Хвалынцеву стало ужасно досадно и за свое несколько трусливое поведение – "ведь не посмел же бы выстрелить, черт возьми!" – и за эту вежливо-нахальную бесцеремонность, и даже за двадцать пять рублей, брошенных черт знает кому и черт знает на что! "Сборщики… а может быть вовсе и не сборщики, а какие-нибудь мазурики!" Но… досадуй, не досадуй, а уж ничего не поделаешь, видно, это здесь в порядке вещей, если Бог весть что за люди средь бела дня могут свободно входить в нумера многолюдной и лучшей гостиницы и нагло требовать с заряженным револьвером каких-то "податков народовых".

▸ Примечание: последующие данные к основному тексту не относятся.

-- ===== src/Tree/Walk/Append.antt =====
-- A node put at the end of the array, and hung into the null link where a walk has ended.
use okscada.Prelude.{
  ℕ, zero, suc, ◌+◌, ◌<◌, ◌≡◌, refl, ◌∙◌, ap, ◌≢◌, ◌⊎◌, inl, inr, List, [], ◌∷◌, ◌++◌, length,
  get_or, set, arith, length-append, length-set, get_or-append_left, get_or-append_last,
  get_or-set_self, get_or-set_ne,
}
use native.Mathlib.Decide.{ℕ_discrete}
use okscada.Tree.Walk.{TreeNode, null_node, node, branch, walk, miss, nlinks, no_links, set_link}
use okscada.Tree.Walk.Links.{LinksUp, HasFuel, next-HasFuel}
use okscada.Tree.Walk.Insert.{Extends}

module _ (e : List TreeNode) (n : TreeNode) where
  abbrev pub appended : List TreeNode
  appended = e ++ n ∷ []

  pub node-appended : (i : ℕ) → i < length e → node appended i ≡ node e i
  node-appended i h = get_or-append_left e (n ∷ []) i null_node h

  pub length-appended : length appended ≡ suc (length e)
  length-appended = omega (arith, length-append e (n ∷ []))

  pub appended-Extends : n.link ≡ no_links → Extends e appended n
  appended-Extends f = record {
    size = length-appended;
    last = get_or-append_last e n null_node;
    fresh = f;
    same_key = λ i _ h. ap (λ m. m.key) (node-appended i h);
    same_len = λ i _ h. ap (λ m. m.len) (node-appended i h);
    same_val = λ i _ h. ap (λ m. m.val) (node-appended i h);
    same_size = λ i _ h. ap (λ m. length m.link) (node-appended i h);
    links = λ i k _ h m. inl (ap (λ m. get_or m.link k 0) (node-appended i h));
  }

  -- A walk in the old part does not see the new node.
  pub walk-appended :
      (probe : ℕ → ℕ → ℕ)
      → LinksUp e
      → (fuel i a b c : ℕ) → HasFuel fuel e i
      → walk probe (suc fuel) appended i a b c ≡ walk probe fuel e i a b c
  unfolding walk
  walk-appended probe up zero i a b c h = absurd (omega arith)
  walk-appended probe up (suc fuel) i a b c (inl (z, h)) = ground arith
  walk-appended probe up (suc fuel) i a b c (inr (pos, l, h)) =
      let hj = next-HasFuel probe e up fuel i (omega arith) (inr (pos, l, h)) in
      ground (
        arith,
        node-appended i l,
        walk-appended probe up fuel (get_or (node e i).link (branch probe (node e i)) 0) i
            (branch probe (node e i)) (c + 1) hj,
      )

-- A walk that does not begin at the null link ends, if it finds nothing, at a null link of a node.
pub record EndsAt (e : List TreeNode) (pno k : ℕ) : Type 0 where
  pub above : 0 < pno
  pub below : pno < length e
  pub one_of : k < nlinks
  pub null : get_or (node e pno).link k 0 ≡ 0

pub walk-EndsAt :
    (probe : ℕ → ℕ → ℕ) (e : List TreeNode)
    → LinksUp e
    → (fuel i a b c pno k lev : ℕ) → i ≢ 0
    → HasFuel fuel e i
    → walk probe fuel e i a b c ≡ miss pno k lev
    → EndsAt e pno k
unfolding walk
walk-EndsAt probe e up zero i a b c pno k lev nz h w = absurd (omega arith)
walk-EndsAt probe e up (suc fuel) i a b c pno k lev nz (inl (z, h)) w = absurd (nz z)
walk-EndsAt probe e up (suc zero) i a b c pno k lev nz (inr (pos, l, h)) w = ground arith
walk-EndsAt probe e up (suc (suc fuel)) i a b c pno k lev nz (inr (pos, l, h)) w =
    let b' = branch probe (node e i) in
    let j = get_or (node e i).link b' 0 in
    let hj = next-HasFuel probe e up (suc fuel) i nz (inr (pos, l, h)) in
    elim (ℕ_discrete j 0) [
      | yes z ↦ ground arith
      | no nj ↦ ground (arith, walk-EndsAt probe e up (suc fuel) j i b' (c + 1) pno k lev nj hj)
    ]

abbrev pub hung_at : List TreeNode → TreeNode → ℕ → ℕ → List TreeNode
hung_at e n pno k = set_link (appended e n) pno k (length e)

module _ (e : List TreeNode) (n : TreeNode) (up : LinksUp e) (pno k : ℕ) (x : EndsAt e pno k) where
  length-hung : length (hung_at e n pno k) ≡ suc (length e)
  length-hung = omega (arith, length-set (appended e n) pno, length-appended e n)

  node-hung_ne : (i : ℕ) → i < length e → pno ≢ i → node (hung_at e n pno k) i ≡ node e i
  node-hung_ne i h ne = get_or-set_ne (appended e n) pno i _ null_node ne ∙ node-appended e n i h

  node-hung_self :
      node (hung_at e n pno k) pno
      ≡ record (node e pno) { link = set (node e pno).link k (length e) }
  node-hung_self =
      get_or-set_self (appended e n) pno _ null_node (omega (arith, x.below, length-appended e n))
      ∙ ap {B = TreeNode} (λ m. record m { link = set m.link k (length e) })
          (node-appended e n pno x.below)

  node-hung_last : node (hung_at e n pno k) (length e) ≡ n
  node-hung_last =
      get_or-set_ne (appended e n) pno (length e) _ null_node (omega (arith, x.below))
      ∙ get_or-append_last e n null_node

  pub link-hung : get_or (node (hung_at e n pno k) pno).link k 0 ≡ length e
  link-hung =
      ap (λ m. get_or m.link k 0) node-hung_self
      ∙ get_or-set_self (node e pno).link k (length e) 0
          (omega (arith, up.four pno x.above x.below, x.one_of))

  links-hung :
      (i j : ℕ)
      → 0 < i
      → i < length e
      → j < nlinks
      → (get_or (node (hung_at e n pno k) i).link j 0 ≡ get_or (node e i).link j 0)
        ⊎ ((get_or (node e i).link j 0 ≡ 0)
            × (get_or (node (hung_at e n pno k) i).link j 0 ≡ length e))
  links-hung i j h l m = elim (ℕ_discrete pno i) [
    | no ne ↦ inl (ap (λ m. get_or m.link j 0) (node-hung_ne i l ne))
    | yes z ↦ elim (ℕ_discrete k j) [
      | yes w ↦ inr (rw (← z, ← w) x.null, rw (← z, ← w) link-hung)
      | no ne ↦ inl (
          rw (← z) (
            ap (λ m. get_or m.link j 0) node-hung_self
            ∙ get_or-set_ne (node e pno).link k j (length e) 0 ne))
    ]
  ]

  -- Only the links of a node change.
  node-hung :
      (i : ℕ)
      → i < length e
      → (l : List ℕ) × (length l ≡ length (node e i).link)
        × (node (hung_at e n pno k) i ≡ record (node e i) { link = l })
  node-hung i h = elim (ℕ_discrete pno i) [
    | no ne ↦ ((node e i).link, refl, node-hung_ne i h ne)
    | yes z ↦ (
      set (node e i).link k (length e),
      length-set (node e i).link k (length e),
      rw (← z) node-hung_self,
    )
  ]

  pub hung-Extends : n.link ≡ no_links → Extends e (hung_at e n pno k) n
  hung-Extends f = record {
    size = length-hung;
    last = node-hung_last;
    fresh = f;
    same_key = λ i _ h. ap (λ m. m.key) (node-hung i h).2;
    same_len = λ i _ h. ap (λ m. m.len) (node-hung i h).2;
    same_val = λ i _ h. ap (λ m. m.val) (node-hung i h).2;
    same_size = λ i _ h. ap (λ m. length m.link) (node-hung i h).2 ∙ (node-hung i h).1;
    links = links-hung;
  }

Однако, на всякий случай, он спрятал в свой бумажник полученную квитанцию, и сделал это собственно для опыта, что, мол, из этого выйдет, в случае нового появления каких-либо сборщиков? Затем, одевшись и не дождавшись чаю, он спустился на улицу и зашел в находящуюся в том же доме известную кондитерскую Конти, с целью выпить стакан кофе. Расписной плафон, колонны под яшму и мрамор, фрески по стенам, статуи в нишах, мозаичный пол, мраморные столы, прекрасная, мягкая, бархатная мебель и значительное число партикулярных посетителей, между которыми были целые семейства с траурными дамами и детьми, являющиеся сюда пить свою утреннюю «каву» – вот каковою представилась Хвалынцеву эта известная в Варшаве «цукерня». Большинство мужчин и даже некоторые женщины сидели совсем углубясь в чтение политических газет – и это составляло здесь (как и во всех, впрочем, варшавских цукернях того времени) явление довольно характеристическое: все это траурное, волнующееся, непоседливое население жаждало политических новостей и жадно накидывалось на газеты. Значительные взгляды, таинственное перешептыванье, шушуканье, тихие, вечно серьезные разговоры, подозрительное поглядыванье на незнакомых лиц, глубокий траур и эти женские бледные лица с горящими, блуждающими, злыми, или задумчивыми, или же тревожно-фанатическими глазами – все это так и пахло каким-то заговором, чем-то зловещим, роковым и враждебным, что, казалось, было разлито в самом воздухе, как то удушливое электричество, которое является предвестником страшной грозы… Хвалынцеву поневоле стало как-то жутко одному-одинешеньку, русскому и чужому, среди всех этих враждебных, страдающих и ненавидящих лиц. Он, под влиянием этого тягостного впечатления, поспешил допить свою «шклянку» и, по своему обыкновению, пошел без цели бродить по незнакомому, чужому городу, или так сказать, «знакомиться» с ним.